Find the lines of data that contain the string "iterate", then list them.

Information given section start

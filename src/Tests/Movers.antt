-- ===== src/Tests/Movers.antt =====
-- The earlier thread of the data mover, with a second file queued while the first is at hand.
use hvac_checkpoint.Common.{ℕ, ◌≡◌, refl, [], ◌∷◌, ◌++◌}
use hvac_checkpoint.Common.Text.{Text, codes}
use hvac_checkpoint.Server.Mover.Thread.{waiting, moving, Thread, queues, goes_on, push}
use hvac_checkpoint.Earlier.Mover.{go_on, step, run, iterate, thread}
use hvac_checkpoint.Earlier.Mover.Strands.{strands}
use hvac_checkpoint.Tests.Disk.{disk, Files}

abbrev nvme : Text
nvme = codes "/bb/XXXXXX"

abbrev stored : Files
stored = (codes "/data/a", 1 ∷ []) ∷ []

abbrev copying : Thread Files
copying = run disk nvme (queues (codes "/data/a") ∷ goes_on ∷ []) (thread stored)

copying_now : copying.at ≡ moving
unfolding run step go_on
copying_now = refl

abbrev second : Text
second = codes "/data/b"

strands_example :
    (n : ℕ) × ((iterate disk nvme n (push second copying)).at ≡ waiting)
    × ((iterate disk nvme n (push second copying)).server.data_queue
        ≡ copying.server.data_queue ++ second ∷ [])
    × ((m : ℕ)
        → iterate disk nvme m (iterate disk nvme n (push second copying))
          ≡ iterate disk nvme n (push second copying))
    × ((next : Text)
        → (k : ℕ) × ((iterate disk nvme k
              (push next (iterate disk nvme n (push second copying)))).at
            ≡ waiting)
          × ((iterate disk nvme k
                (push next (iterate disk nvme n (push second copying)))).server.data_queue
              ≡ [])
          × ((iterate disk nvme k (push next (iterate disk nvme n (push second copying)))).handled
              ≡ (copying.handled ++ copying.server.local_list)
                ++ ((copying.server.data_queue ++ second ∷ []) ++ next ∷ [])))
strands_example = strands disk nvme second copying copying_now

Information given section end

## Expected answer
use hvac_checkpoint.Earlier.Mover.{go_on, step, run, iterate, thread}
    (n : ℕ) × ((iterate disk nvme n (push second copying)).at ≡ waiting)
    × ((iterate disk nvme n (push second copying)).server.data_queue
        → iterate disk nvme m (iterate disk nvme n (push second copying))
          ≡ iterate disk nvme n (push second copying))
        → (k : ℕ) × ((iterate disk nvme k
              (push next (iterate disk nvme n (push second copying)))).at
          × ((iterate disk nvme k
                (push next (iterate disk nvme n (push second copying)))).server.data_queue
          × ((iterate disk nvme k (push next (iterate disk nvme n (push second copying)))).handled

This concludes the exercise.